Task instructions
Nothing outside the range below should be printed. Output exactly the lines from the line with "pub data Fields : Type 0 where" to the line with "unfoldable pub at", both included.

═════ Entries supplied

-- ===== src/Json.antt =====
-- The values that json.loads gives, and what the scripts do with them: subscripts, `get`, `==`,
-- and the tests on types. A number with a fraction or an exponent is kept as its text: the scripts
-- modelled here test for `int` before they compute with a number.
pub mod Equal
pub mod Numbers
use zerocool.Prelude.{
  ℕ, suc, Bool, true, false, not, ◌&&◌, ◌||◌, Option, none, some, List, [], ◌∷◌, String, ◌==◌,
  nat_eq, string_eq, if◌then◌else◌, leb, Result, ok, raise, key_error, type_error, ◌>>=◌,
}
use zerocool.Dict.{Dict}

mutual
  pub data Value : Type 0 where
    null : Value
    bool : Bool → Value
    -- `negative n` is the number -(n + 1)
    int negative : ℕ → Value
    float str : String → Value
    list : Items → Value
    object : Fields → Value

  pub data Items : Type 0 where
    nil : Items
    cons : Value → Items → Items

  pub data Fields : Type 0 where
    end : Fields
    field : String → Value → Fields → Fields

abbrev pub items : Items → List Value
items nil = []
items (cons v vs) = v ∷ items vs

abbrev pub as_items : List Value → Items
as_items [] = nil
as_items (v ∷ vs) = cons v (as_items vs)

abbrev pub fields : Fields → Dict String Value
fields end = []
fields (field k v fs) = (k, v) ∷ fields fs

abbrev pub size : Fields → ℕ
size end = 0
size (field k v fs) = suc (size fs)

unfoldable pub find : String → Fields → Option Value
find k end = none
find k (field j v fs) = let rest = find k fs in if j == k then some v else rest

abbrev pub bit : Bool → ℕ
bit true = 1
bit false = 0

-- `==`. A Boolean equals the number 0 or 1; objects compare without the order of their keys. A
-- float equals only a float of the same text.
unfoldable mutual
  pub same : Value → Value → Bool
  same null null = true
  same (bool a) (bool b) = bit a == bit b
  same (bool a) (int n) = bit a == n
  same (int n) (bool a) = n == bit a
  same (int n) (int m) = n == m
  same (negative n) (negative m) = n == m
  same (float s) (float t) = s == t
  same (str s) (str t) = s == t
  same (list vs) (list ws) = same_items vs ws
  same (object fs) (object gs) = size fs == size gs && same_fields fs gs
  same _ _ = false

  pub same_items : Items → Items → Bool
  same_items nil nil = true
  same_items (cons v vs) (cons w ws) = same v w && same_items vs ws
  same_items _ _ = false

  pub same_fields : Fields → Fields → Bool
  same_fields end gs = true
  same_fields (field k v fs) gs =
      elim (find k gs) [ none ↦ false | some w ↦ same v w ] && same_fields fs gs

-- `d[k]`
unfoldable pub at : String → Value → Result Value
at k (object fs) = elim (find k fs) [ none ↦ raise key_error | some v ↦ ok v ]
at k _ = raise type_error

-- `d.get(k)`; where `d` is not a dict, the attribute is missing
unfoldable pub get_key : String → Value → Result Value
get_key k (object fs) = elim (find k fs) [ none ↦ ok null | some v ↦ ok v ]
get_key k _ = raise type_error

-- `k in d` for a dict
unfoldable pub has_key : String → Value → Bool
has_key k (object fs) = elim (find k fs) [ none ↦ false | some v ↦ true ]
has_key k _ = false

-- `isinstance(v, dict)`, `isinstance(v, list)`, `isinstance(v, str)`, `type(v) is bool`, `v is None`
abbrev pub is_object : Value → Bool
is_object (object fs) = true
is_object _ = false

abbrev pub is_list : Value → Bool
is_list (list vs) = true
is_list _ = false

abbrev pub is_str : Value → Bool
is_str (str s) = true
is_str _ = false

abbrev pub is_bool : Value → Bool
is_bool (bool b) = true
is_bool _ = false

abbrev pub is_null : Value → Bool
is_null null = true
is_null _ = false

-- `type(v) is int and v >= 0`, as the number
abbrev pub natural : Value → Option ℕ
natural (int n) = some n
natural _ = none

-- `type(v) is int and v == n`
abbrev pub is_number : ℕ → Value → Bool
is_number n (int m) = m == n
is_number n _ = false

-- `type(v) is int and minimum <= v <= maximum`, for bounds that are not negative
abbrev pub is_between : ℕ → ℕ → Value → Bool
is_between minimum maximum (int n) = leb minimum n && leb n maximum
is_between minimum maximum _ = false

-- the elements of a list that a test has found to be one
abbrev pub elements : Value → List Value
elements (list vs) = items vs
elements _ = []

-- the number that a test has found to be one
abbrev pub number : Value → ℕ
number (int n) = n
number _ = 0

-- `v is True`
abbrev pub is_true : Value → Bool
is_true (bool b) = b
is_true _ = false

-- `v is False`
abbrev pub is_false : Value → Bool
is_false (bool b) = not b
is_false _ = false

-- `v == text`
abbrev pub is_text : String → Value → Bool
is_text text (str s) = s == text
is_text text _ = false

-- `hash(v)`: lists and dicts have none
abbrev pub is_hashable : Value → Bool
is_hashable (list vs) = false
is_hashable (object fs) = false
is_hashable _ = true

-- the numbers of a list of values
abbrev pub numbers : List Value → List ℕ
numbers [] = []
numbers (v ∷ vs) = number v ∷ numbers vs

-- the value of a dict's key, or another where it has none: `d.get(k, v)`
unfoldable pub get_default : String → Value → Value → Result Value
get_default k v (object fs) = elim (find k fs) [ none ↦ ok v | some w ↦ ok w ]
get_default k v _ = raise type_error

-- the texts of one character of a text
abbrev pub letters : String → List Value
letters String.[] = []
letters (String.◌∷◌ c s) = str (String.◌∷◌ c "") ∷ letters s

abbrev pub keys : Fields → List Value
keys end = []
keys (field k v fs) = str k ∷ keys fs

-- `for x in v`
unfoldable pub iterate : Value → Result (List Value)
iterate (list vs) = ok (items vs)
iterate (object fs) = ok (keys fs)
iterate (str s) = ok (letters s)
iterate _ = raise type_error

-- `bool(v)`; a float is true unless its text is that of a zero, which the parameter says
unfoldable pub is_truthy : (String → Bool) → Value → Bool
is_truthy is_zero null = false
is_truthy is_zero (bool b) = b
is_truthy is_zero (int n) = not (n == 0)
is_truthy is_zero (negative n) = true
is_truthy is_zero (float s) = not (is_zero s)
is_truthy is_zero (str s) = not (s == "")
is_truthy is_zero (list nil) = false
is_truthy is_zero (list (cons v vs)) = true
is_truthy is_zero (object end) = false
is_truthy is_zero (object (field k v fs)) = true

-- `v in vs`
unfoldable pub is_member : Value → List Value → Bool
is_member v [] = false
is_member v (w ∷ vs) = same w v || is_member v vs

unfoldable pub are_members : List Value → List Value → Bool
are_members [] ws = true
are_members (v ∷ vs) ws = is_member v ws && are_members vs ws

unfoldable pub are_hashable : List Value → Bool
are_hashable [] = true
are_hashable (v ∷ vs) = is_hashable v && are_hashable vs

-- `set(v) == names`
unfoldable pub is_set_of : List Value → Value → Result Bool
is_set_of names v = do
  vs ← iterate v
  if are_hashable vs then ok (are_members vs names && are_members names vs) else raise type_error

-- `uint(v)` of native_q4_replay.py
abbrev pub is_uint : Value → Bool
is_uint (int n) = true
is_uint _ = false

-- `all(uint(d.get(k)) for k in ks)`
unfoldable pub are_uint : List String → Value → Result Bool
are_uint [] d = ok true
are_uint (k ∷ ks) d = do v ← get_key k d; if is_uint v then are_uint ks d else ok false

══════════

Solution
  pub data Fields : Type 0 where
    end : Fields
    field : String → Value → Fields → Fields

abbrev pub items : Items → List Value
items nil = []
items (cons v vs) = v ∷ items vs

abbrev pub as_items : List Value → Items
as_items [] = nil
as_items (v ∷ vs) = cons v (as_items vs)

abbrev pub fields : Fields → Dict String Value
fields end = []
fields (field k v fs) = (k, v) ∷ fields fs

abbrev pub size : Fields → ℕ
size end = 0
size (field k v fs) = suc (size fs)

unfoldable pub find : String → Fields → Option Value
find k end = none
find k (field j v fs) = let rest = find k fs in if j == k then some v else rest

abbrev pub bit : Bool → ℕ
bit true = 1
bit false = 0

-- `==`. A Boolean equals the number 0 or 1; objects compare without the order of their keys. A
-- float equals only a float of the same text.
unfoldable mutual
  pub same : Value → Value → Bool
  same null null = true
  same (bool a) (bool b) = bit a == bit b
  same (bool a) (int n) = bit a == n
  same (int n) (bool a) = n == bit a
  same (int n) (int m) = n == m
  same (negative n) (negative m) = n == m
  same (float s) (float t) = s == t
  same (str s) (str t) = s == t
  same (list vs) (list ws) = same_items vs ws
  same (object fs) (object gs) = size fs == size gs && same_fields fs gs
  same _ _ = false

  pub same_items : Items → Items → Bool
  same_items nil nil = true
  same_items (cons v vs) (cons w ws) = same v w && same_items vs ws
  same_items _ _ = false

  pub same_fields : Fields → Fields → Bool
  same_fields end gs = true
  same_fields (field k v fs) gs =
      elim (find k gs) [ none ↦ false | some w ↦ same v w ] && same_fields fs gs

-- `d[k]`
unfoldable pub at : String → Value → Result Value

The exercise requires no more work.